Jetzt kommen auch endlich Wolken und der Schnitt geht auf fast 90km/h. Leider währt das Glück nur kurz und ab Northeim wird es wieder Blauer. Die Durststrecke hält an bis zum Elm, wo wieder 2,3m/s helfen, um nach oben zu kommen. Irgendwie führt mich mein Pilot unter der inzwischen wieder vielversprechenden Optik doch am Steigen vorbei. Der Gleitwinkel kann zwar ordentlich gestreckt werden, es dauert aber noch bis kurz vor Gardelegen bis auch ein passender Bart von 3m/s (Tagesbester) gefunden wird. Die letzten 100km zurück nach Grosses Moor laufen zwar nicht perfekt, sind aber letztendlich doch nur noch Formsache, da die Optik trotz der vorgeschrittenen Stunde, es ist kurz vor 6:00 local, noch verrät, dass ausreichend Thermik vorhanden ist. Ab Stüde wird es wieder blauer, aber die Endanflughöhe ist knapp erreicht. Letztendlich wird bei Wilsche unter ein paar Flusen der Sack mit dem Zugewinn von 200m in 1,1m/s zugemacht. Die Luft ist im Blauen auch noch so aktiv, dass das Kurbeln eigentlich überflüssig war, aber wer weiß das schon vorher? - Punkthöchstes FAI-Dreieck in Deutschland an dem Tag.

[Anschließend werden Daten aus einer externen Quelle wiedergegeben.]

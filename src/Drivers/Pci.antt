-- ===== src/Drivers/Pci.antt =====
-- PCI enumeration, kernel/src/drivers/pci.c. `config` answers a read of the data port after an
-- address was written to the address port.
use chef_os.Prelude.{
  ℕ, zero, suc, ◌+◌, ◌*◌, ◌≡◌, refl, bit_and, bit_or, u8, u16, u32, shl, shr, ◌==◌, ltb, Bool, true,
  not, ◌&&◌, ◌||◌, if◌then◌else◌, List, [], ◌∷◌, ◌++◌, Option, none, some, length, take, arith,
  Bool-cases, inl, inr, ◌∙◌,
}
use mathlib.Core.List.{append_assoc, append-nil}

pub record PciDevice : Type 0 where
  pub bus : ℕ
  pub device : ℕ
  pub function : ℕ
  pub vendor_id : ℕ
  pub device_id : ℕ
  pub class_code : ℕ
  pub subclass : ℕ
  pub prog_if : ℕ
  pub bar0 : ℕ

abbrev pub config_address : (bus dev func offset : ℕ) → ℕ
config_address bus dev func offset =
    bit_or
      (bit_or (bit_or (bit_or (shl 1 31) (u32 (shl bus 16))) (u32 (shl dev 11))) (u32 (shl func 8)))
      (bit_and offset 0xFC)

module _ (config : ℕ → ℕ) where
  unfoldable pub pci_read_dword : (bus dev func offset : ℕ) → ℕ
  pci_read_dword bus dev func offset = u32 (config (config_address bus dev func offset))

  unfoldable pub pci_read_word : (bus dev func offset : ℕ) → ℕ
  unfolding pci_read_dword
  pci_read_word bus dev func offset =
      u16 (bit_and (shr (pci_read_dword bus dev func offset) (bit_and offset 2 * 8)) 0xFFFF)

  -- A device answers if its vendor is neither 0xFFFF nor 0.
  abbrev pub answers : (bus dev : ℕ) → Bool
  answers bus dev =
      not ((pci_read_word bus dev 0 0x00 == 0xFFFF) || (pci_read_word bus dev 0 0x00 == 0))

  unfoldable pub read_device : (bus dev : ℕ) → PciDevice
  unfolding pci_read_word pci_read_dword
  read_device bus dev =
      let class_rev = pci_read_dword bus dev 0 0x08 in
      record {
        bus = u8 bus;
        device = dev;
        function = 0;
        vendor_id = pci_read_word bus dev 0 0x00;
        device_id = pci_read_word bus dev 0 0x02;
        class_code = u8 (bit_and (shr class_rev 24) 0xFF);
        subclass = u8 (bit_and (shr class_rev 16) 0xFF);
        prog_if = u8 (bit_and (shr class_rev 8) 0xFF);
        bar0 = pci_read_dword bus dev 0 0x10;
      }

  -- The body of the inner loop: the table grows while it has fewer than 64 entries.
  abbrev pub visit : (bus dev : ℕ) → List PciDevice → List PciDevice
  visit bus dev table =
      if answers bus dev && ltb (length table) 64
      then table ++ (read_device bus dev ∷ [])
      else table

  unfoldable pub dev_loop : (left bus dev : ℕ) → List PciDevice → List PciDevice
  unfolding read_device
  dev_loop zero bus dev table = table
  dev_loop (suc left) bus dev table = dev_loop left bus (dev + 1) (visit bus dev table)

  unfoldable pub bus_loop : (left bus : ℕ) → List PciDevice → List PciDevice
  unfolding dev_loop
  bus_loop zero bus table = table
  bus_loop (suc left) bus table = bus_loop left (bus + 1) (dev_loop 32 bus 0 table)

  -- The table that `pci_init` fills; its length is `s_pci_device_count`.
  unfoldable pub pci_init : List PciDevice
  unfolding bus_loop
  pci_init = bus_loop 256 0 []

  -- All devices that answer, in the order of bus and device.
  unfoldable pub devices_from : (left bus dev : ℕ) → List PciDevice
  devices_from zero bus dev = []
  devices_from (suc left) bus dev =
      if answers bus dev
      then read_device bus dev ∷ devices_from left bus (dev + 1)
      else devices_from left bus (dev + 1)

  unfoldable pub all_devices : (left bus : ℕ) → List PciDevice
  all_devices zero bus = []
  all_devices (suc left) bus = devices_from 32 bus 0 ++ all_devices left (bus + 1)

unfoldable pub pci_find_device : List PciDevice → (vendor_id device_id : ℕ) → Option PciDevice
pci_find_device [] v d = none
pci_find_device (p ∷ ps) v d =
    if (p.vendor_id == v) && (p.device_id == d) then some p else pci_find_device ps v d

unfoldable pub pci_find_class : List PciDevice → (class_code subclass : ℕ) → Option PciDevice
pci_find_class [] c s = none
pci_find_class (p ∷ ps) c s =
    if (p.class_code == c) && (p.subclass == s) then some p else pci_find_class ps c s

take-nil : (n : ℕ) → take {A = PciDevice} n [] ≡ []
take-nil zero = refl
take-nil (suc n) = refl

-- Adding one device at the end, while there is room, to a table that holds the first of a list.
take-snoc :
    (n : ℕ) (xs : List PciDevice) (p : PciDevice)
    → (if ltb (length (take n xs)) n then take n xs ++ (p ∷ []) else take n xs)
      ≡ take n (xs ++ (p ∷ []))
take-snoc zero xs p = ground arith
take-snoc (suc n) [] p = let room : ltb 0 (suc n) ≡ true = ground arith in rw (room, take-nil)
take-snoc (suc n) (x ∷ xs) p = ground (arith, take-snoc n xs p)

module _ (config : ℕ → ℕ) where
  dev_loop-take :
      (left bus dev : ℕ) (seen : List PciDevice)
      → dev_loop config left bus dev (take 64 seen)
        ≡ take 64 (seen ++ devices_from config left bus dev)
  unfolding dev_loop devices_from
  dev_loop-take zero bus dev seen = rw append-nil
  dev_loop-take (suc left) bus dev seen = elim (Bool-cases (answers config bus dev)) [
    | inl there ↦
        rw (there, take-snoc 64 seen (read_device config bus dev))
          (dev_loop-take left bus (dev + 1) (seen ++ (read_device config bus dev ∷ []))
            ∙ rw append_assoc)
    | inr empty ↦ rw empty (dev_loop-take left bus (dev + 1) seen)
  ]

  bus_loop-take :
      (left bus : ℕ) (seen : List PciDevice)
      → bus_loop config left bus (take 64 seen) ≡ take 64 (seen ++ all_devices config left bus)
  unfolding bus_loop all_devices
  bus_loop-take zero bus seen = rw append-nil
  bus_loop-take (suc left) bus seen =
      rw (dev_loop-take 32 bus 0 seen)
        (bus_loop-take left (bus + 1) (seen ++ devices_from config 32 bus 0) ∙ rw append_assoc)

  -- `pci_init` lists the first 64 of the devices that answer at function 0, in the order of their
  -- bus and device numbers, over all 256 buses of 32 devices.
  pub pci_init-take : pci_init config ≡ take 64 (all_devices config 256 0)
  unfolding pci_init
  pci_init-take = bus_loop-take 256 0 []
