-- ===== src/Text/Kprintf/Sinks.antt =====
-- What the serial port and the console get.
use chef_os.Prelude.{
  ℕ, ◌≡◌, refl, ap, sym, ◌^◌, leb, sub64, Bool, ◌∙◌, ◌==◌, if◌then◌else◌, true, false, List, [],
  ◌∷◌, ◌++◌, Option, none, some, arith, Bool-cases, inl, inr,
}
use chef_os.Text.Kprintf.{
  Output, Arg, int_arg, str_arg, serial_puts, both, number, prepend, plain_char, plain_letter,
  conversion, kvprintf, after_percent, takes_arg, string_output, text_of, int_conversion,
  signed_number, pointer, print_num,
}

-- The bytes without the carriage returns.
unfoldable pub strip : List ℕ → List ℕ
strip [] = []
strip (c ∷ cs) = if c == 13 then strip cs else c ∷ strip cs

strip-append : (xs ys : List ℕ) → strip (xs ++ ys) ≡ strip xs ++ strip ys
unfolding strip
strip-append [] ys = refl
strip-append (x ∷ xs) ys = ground (arith, strip-append xs ys)

-- Both ports have the same text.
abbrev pub Same : Option Output → Type 0
Same none = Unit
Same (some o) = strip o.serial ≡ strip o.console

pub strip-serial_puts : (s : List ℕ) → strip (serial_puts s) ≡ strip s
unfolding strip serial_puts
strip-serial_puts [] = refl
strip-serial_puts (c ∷ s) = ground (arith, strip-serial_puts s)

prepend-Same : (a b : Option Output) → Same a → Same b → Same (prepend a b)
prepend-Same none b p q = tt
prepend-Same (some o) none p q = tt
prepend-Same (some o) (some r) p q =
    strip-append o.serial r.serial
    ∙ ap (λ t. t ++ strip r.serial) p
    ∙ ap (λ t. strip o.console ++ t) q
    ∙ sym (strip-append o.console r.console)

number-Same : (s : Option (List ℕ)) → Same (number s)
number-Same none = tt
number-Same (some s) = refl

signed-Same : (sign : List ℕ) (s : Option Output) → Same s → Same (prepend (some (both sign)) s)
signed-Same sign s p = prepend-Same (some (both sign)) s refl p

plain_char-Same : (c : ℕ) → Same (some (plain_char c))
unfolding strip
plain_char-Same c = ground arith

plain_letter-Same : (c : ℕ) → Same (some (plain_letter c))
plain_letter-Same c = elim (Bool-cases (c == 37)) [ inl e ↦ rw e refl | inr e ↦ rw e refl ]

choose-Same : (b : Bool) (x y : Option Output) → Same x → Same y → Same (if b then x else y)
choose-Same true x y p q = p
choose-Same false x y p q = q

int_conversion-Same : (c v : ℕ) → Same (int_conversion c v)
int_conversion-Same c v = choose-Same (c == 99) _ _ refl (
    choose-Same (c == 100) _ _ signed (
      choose-Same (c == 105) _ _ signed (
        choose-Same (c == 117) _ _ (number-Same (print_num v 10 false)) (
          choose-Same (c == 120) _ _ (number-Same (print_num v 16 false)) (
            choose-Same (c == 88) _ _ (number-Same (print_num v 16 true))
              (choose-Same (c == 112) _ _ pointed tt))))))
  where
    signed : Same (signed_number v)
    signed =
        choose-Same (leb (2 ^ 63) v) _ _
          (signed-Same (45 ∷ []) _ (number-Same (print_num (sub64 0 v) 10 false)))
          (number-Same (print_num v 10 false))

    pointed : Same (pointer v)
    pointed = signed-Same (48 ∷ 120 ∷ []) _ (number-Same (print_num v 16 false))

conversion-Same : (c : ℕ) (a : Arg) → Same (conversion c a)
conversion-Same c (int_arg v) = int_conversion-Same c v
conversion-Same c (str_arg s) =
    choose-Same (c == 115) (some (string_output s)) none (strip-serial_puts (text_of s)) tt

mutual
  unfolding kvprintf

  kvprintf-Same : (fmt : List ℕ) (args : List Arg) → Same (kvprintf fmt args)
  kvprintf-Same [] args = refl
  kvprintf-Same (c ∷ fmt) args =
      choose-Same (c == 37) _ _ (after_percent-Same fmt args)
        (prepend-Same (some (plain_char c)) _ (plain_char-Same c) (kvprintf-Same fmt args))

  after_percent-Same : (fmt : List ℕ) (args : List Arg) → Same (after_percent fmt args)
  after_percent-Same [] args = tt
  after_percent-Same (c ∷ fmt) [] =
      choose-Same (takes_arg c) none _ tt
        (prepend-Same (some (plain_letter c)) _ (plain_letter-Same c) (kvprintf-Same fmt []))
  after_percent-Same (c ∷ fmt) (a ∷ args) =
      choose-Same (takes_arg c) _ _
        (prepend-Same _ _ (conversion-Same c a) (kvprintf-Same fmt args))
        (prepend-Same (some (plain_letter c)) _ (plain_letter-Same c)
          (kvprintf-Same fmt (a ∷ args)))

-- For every format and all arguments, if `kvprintf` returns, then what it sent to the serial port and
-- what it sent to the console are the same bytes, carriage returns left out.
pub kvprintf-strip :
    (fmt : List ℕ) (args : List Arg) (o : Output)
    → kvprintf fmt args ≡ some o
    → strip o.serial ≡ strip o.console
kvprintf-strip fmt args o e = rw e at (kvprintf-Same fmt args)
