-- ===== src/Drivers/Serial/Text.antt =====
-- What `serial_puts` sends of a string, and when.
use chef_os.Prelude.{
  ℕ, ◌+◌, ◌==◌, ◌≡◌, refl, false, if◌then◌else◌, List, [], ◌∷◌, ◌++◌, Option, some, length, arith,
  Bool-cases, inl, inr,
}
use chef_os.Text.Kprintf
use chef_os.Text.Kprintf.Sinks.{strip, strip-serial_puts}
use chef_os.Drivers.Polling.{Ports, Shows}
use chef_os.Drivers.Serial.{is_transmit_empty, serial_puts, sent_bytes, Waits, puts-Sent}

-- Each newline stands right behind a carriage return; `last` is the byte before.
unfoldable pub AllReturned : (last : ℕ) → List ℕ → Type 0
AllReturned last [] = Unit
AllReturned last (c ∷ cs) = (c ≡ 10 → last ≡ 13) × AllReturned c cs

unfoldable pub newlines : List ℕ → ℕ
newlines [] = 0
newlines (c ∷ cs) = let rest = newlines cs in if c == 10 then rest + 1 else rest

serial_puts-AllReturned : (s : List ℕ) (last : ℕ) → AllReturned last (Kprintf.serial_puts s)
unfolding Kprintf.serial_puts AllReturned
serial_puts-AllReturned [] last = tt
serial_puts-AllReturned (c ∷ cs) last = elim (Bool-cases (c == 10)) [
  | inl newline ↦
      rw newline ((λ e. absurd (no_return 13 e refl)), ((λ e. refl), serial_puts-AllReturned cs c))
  | inr other ↦ rw other ((λ e. absurd (differs other e)), serial_puts-AllReturned cs c)
]
  where
    no_return : (a : ℕ) → a ≡ 10 → a ≡ 13 → ⊥
    no_return a e f = omega arith

    differs : (c == 10) ≡ false → c ≡ 10 → ⊥
    differs other e = ground arith

length-serial_puts : (s : List ℕ) → length (Kprintf.serial_puts s) ≡ length s + newlines s
unfolding Kprintf.serial_puts newlines
length-serial_puts [] = refl
length-serial_puts (c ∷ cs) = ground (arith, length-serial_puts cs)

-- The port `after` got the bytes of the text, with one more for each newline, a carriage return right in
-- front of it, and nothing else. Before each byte the status was read until it showed the transmitter
-- empty.
pub record SentText (status : ℕ → ℕ) (s : List ℕ) (p : Ports) (r : Option Ports) : Type 0 where
  pub after : Ports
  pub bytes : List ℕ
  pub result : r ≡ some after
  pub writes : after.writes ≡ p.writes ++ sent_bytes bytes
  pub text : strip bytes ≡ strip s
  pub returned : AllReturned 0 bytes
  pub size : length bytes ≡ length s + newlines s
  pub waits : Waits status p.status_reads bytes after.status_reads

-- With a transmitter that shows itself empty in one of any `fuel` reads of its status: `serial_puts`
-- ends, and writes to the data register of the port the bytes of the string in order, carriage returns left
-- out, with one byte more for each newline and a carriage return right in front of each newline, and
-- nothing else. Before each byte it reads the status until that shows the transmitter empty for the first
-- time.
pub serial_puts-SentText :
    (fuel : ℕ) (status : ℕ → ℕ) (s : List ℕ) (p : Ports)
    → Shows fuel is_transmit_empty status
    → SentText status s p (serial_puts fuel status s p)
serial_puts-SentText fuel status s p shows =
    let (q, e, w, waits) = puts-Sent fuel status shows s p in
    record {
      after = q;
      bytes = Kprintf.serial_puts s;
      result = e;
      writes = w;
      text = strip-serial_puts s;
      returned = serial_puts-AllReturned s 0;
      size = length-serial_puts s;
      waits = waits;
    }
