-- ===== src/Drivers/Tests.antt =====
-- The driver theorems at concrete inputs, and small runs of the code.
use chef_os.Prelude.{
  ◌%◌, ◌+◌, Bool-cases, inl, inr, ℕ, ◌*◌, ◌≡◌, refl, false, true, ◌==◌, List, [], ◌∷◌, ◌++◌, some,
  if◌then◌else◌, arith, length,
}
use chef_os.Drivers.Keyboard.{press_all}
use chef_os.Drivers.Mouse.{Mouse, IsValid, mouse_callback, bit_set, rest_x, rest_y, mouse_packet}
use chef_os.Drivers.Polling.{Ports, Shows}
use chef_os.Drivers.Serial.{is_transmit_empty, serial_puts}
use chef_os.Drivers.Serial.Text.{SentText, serial_puts-SentText}
use chef_os.Drivers.Mouse.Setup.{set_up}
use chef_os.Drivers.Mouse.Setup.Traffic.{Traffic, set_up_writes, set_up-Traffic}
use chef_os.Drivers.Ata.{command_writes, ata_read_sectors, ata_write_sectors}
use chef_os.Drivers.Ata.Sectors.{Answers, ReadSectors, ata_read_sectors-ReadSectors}
use chef_os.Drivers.Ata.Writing.{data_writes, ata_write_sectors-sent}
use chef_os.Drivers.Pci.{dev_loop}

-- The key `a`, its release, and a shift key.
abbrev keys : List ℕ
keys = 30 ∷ 158 ∷ 42 ∷ []

keys_run : press_all keys 0 ≡ 97
unfolding press_all
keys_run = refl

abbrev mouse : Mouse
mouse = record {
  state = record {
    x = 3;
    y = 300;
    left_button = false;
    right_button = false;
    middle_button = true;
  };
  cycle = 0;
  byte0 = 0;
  byte1 = 0;
  byte2 = 0;
  max_x = 1024;
  max_y = 768;
}

mouse-IsValid : IsValid mouse
mouse-IsValid = record {
  on_x = omega arith;
  on_y = omega arith;
  small_x = omega arith;
  small_y = omega arith;
  in_packet = omega arith;
  byte1_fits = omega arith;
  byte2_fits = omega arith;
}

-- Left by 10 to the edge of the screen and up by 5, with the left button down.
mouse_packet_example :
    let after = mouse_callback 0x21 5 (mouse_callback 0x21 246 (mouse_callback 0x21 0x19 mouse)) in
    (after.state.x ≡ rest_x mouse 0x19 246)
    × (after.state.y ≡ rest_y mouse 0x19 5)
    × (after.state.left_button ≡ bit_set 0x19 0x01)
    × (after.state.right_button ≡ bit_set 0x19 0x02)
    × (after.state.middle_button ≡ bit_set 0x19 0x04)
    × (after.cycle ≡ 0)
mouse_packet_example =
    mouse_packet mouse 0x21 0x21 0x21 0x19 246 5 mouse-IsValid refl (omega arith) (omega arith) refl
      refl refl

-- A bus with an Ethernet controller in slot 3 and nothing else.
abbrev slots : ℕ → ℕ
slots a = if a == 0x80001800 then 0x100E8086 else if a == 0x80001808 then 0x02000003 else 0xFFFFFFFF

slots_run : length (dev_loop slots 5 0 0 []) ≡ 1
unfolding dev_loop
slots_run = refl

-- A disk that always has data, and gives the numbers of its words.
abbrev disk_status : ℕ → ℕ
disk_status n = 0x48

disk-Answers : Answers 1 disk_status
disk-Answers = record {
  ready = λ n. (0, omega arith, refl);
  data_there = λ n. (0, omega arith, refl);
}

abbrev idle : Ports
idle = record { status_reads = 0; data_reads = 0; writes = [] }

ata_read_sectors-ReadSectors_example :
    ReadSectors (λ n. n) 0x1234567 2 idle (ata_read_sectors 1 disk_status (λ n. n) 0x1234567 2 idle)
ata_read_sectors-ReadSectors_example =
    ata_read_sectors-ReadSectors 1 disk_status (λ n. n) 0x1234567 2 idle disk-Answers

ata_write_sectors-sent_example :
    (b : Ports) × (ata_write_sectors 1 disk_status (λ n. n) 0x1234567 2 idle ≡ some b)
    × (b.writes ≡ [] ++ (command_writes 0x1234567 2 0x30 ++ data_writes (λ n. n) 0 (256 * 2)))
ata_write_sectors-sent_example =
    ata_write_sectors-sent 1 disk_status (λ n. n) 0x1234567 2 idle disk-Answers

set_up-Traffic_example : Traffic 11 3 (set_up_writes 0x45) idle (set_up (λ n. 1) (λ n. 0x45) idle)
set_up-Traffic_example = set_up-Traffic (λ n. 1) (λ n. 0x45) idle

-- A transmitter that is busy at every second read of its status.
abbrev line_status : ℕ → ℕ
line_status n = if n % 2 == 0 then 0 else 0x20

line-Shows : Shows 2 is_transmit_empty line_status
line-Shows n = elim (Bool-cases (n % 2 == 0)) [
  | inl even ↦ let odd : ((n + 1) % 2 == 0) ≡ false = ground arith in (1, omega arith, rw odd refl)
  | inr odd ↦ let at : n + 0 ≡ n = omega arith in (0, omega arith, rw (at, odd) refl)
]

serial_puts-SentText_example :
    SentText line_status
      (79 ∷ 75 ∷ 10 ∷ [])
      idle
      (serial_puts 2 line_status (79 ∷ 75 ∷ 10 ∷ []) idle)
serial_puts-SentText_example =
    serial_puts-SentText 2 line_status (79 ∷ 75 ∷ 10 ∷ []) idle line-Shows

Dieser Flug findet sogar bei Ritz Beachtung: "I was also impressed with an FAI set 500 km triangle in an ASW 15 around Hannover also on Sunday !! Start was at Grosses Moor in Germany!!" - Ritz ist bekannt von verschiedenen internationalen Meisterschaften, u.a. auch Weltmeisterschaften, über die sie leidenschaftlich berichtet. Mein Pilot hat schon öfter in Ritz Corner (so nennt sie dann die Kolumne auf der jeweiligen Homepage, in der sie aktuell berichtet) gestöbert, weil es dort immer spannend zugeht. Neugierig geworden, wer sich hinter dem Namen Ritz verbirgt hat er dann folgenden CV (Lebenslauf bzw. Curriculum Vitae) ergooglet, der das meiste erklärt: Ritz de Luij
Ebenfalls an diesem Samstag: Auf der Wasserkuppe ist letzter Wertungstag bei der Clubklasse-Quali "Rhön-Segelflugwettbewerb 2010". Tagessieg für meine Schwester "BK" D-8665, die damit ihren Piloten auf den 2ten Nachrückerplatz zur DM bringt. - Glückwunsch nachträglich.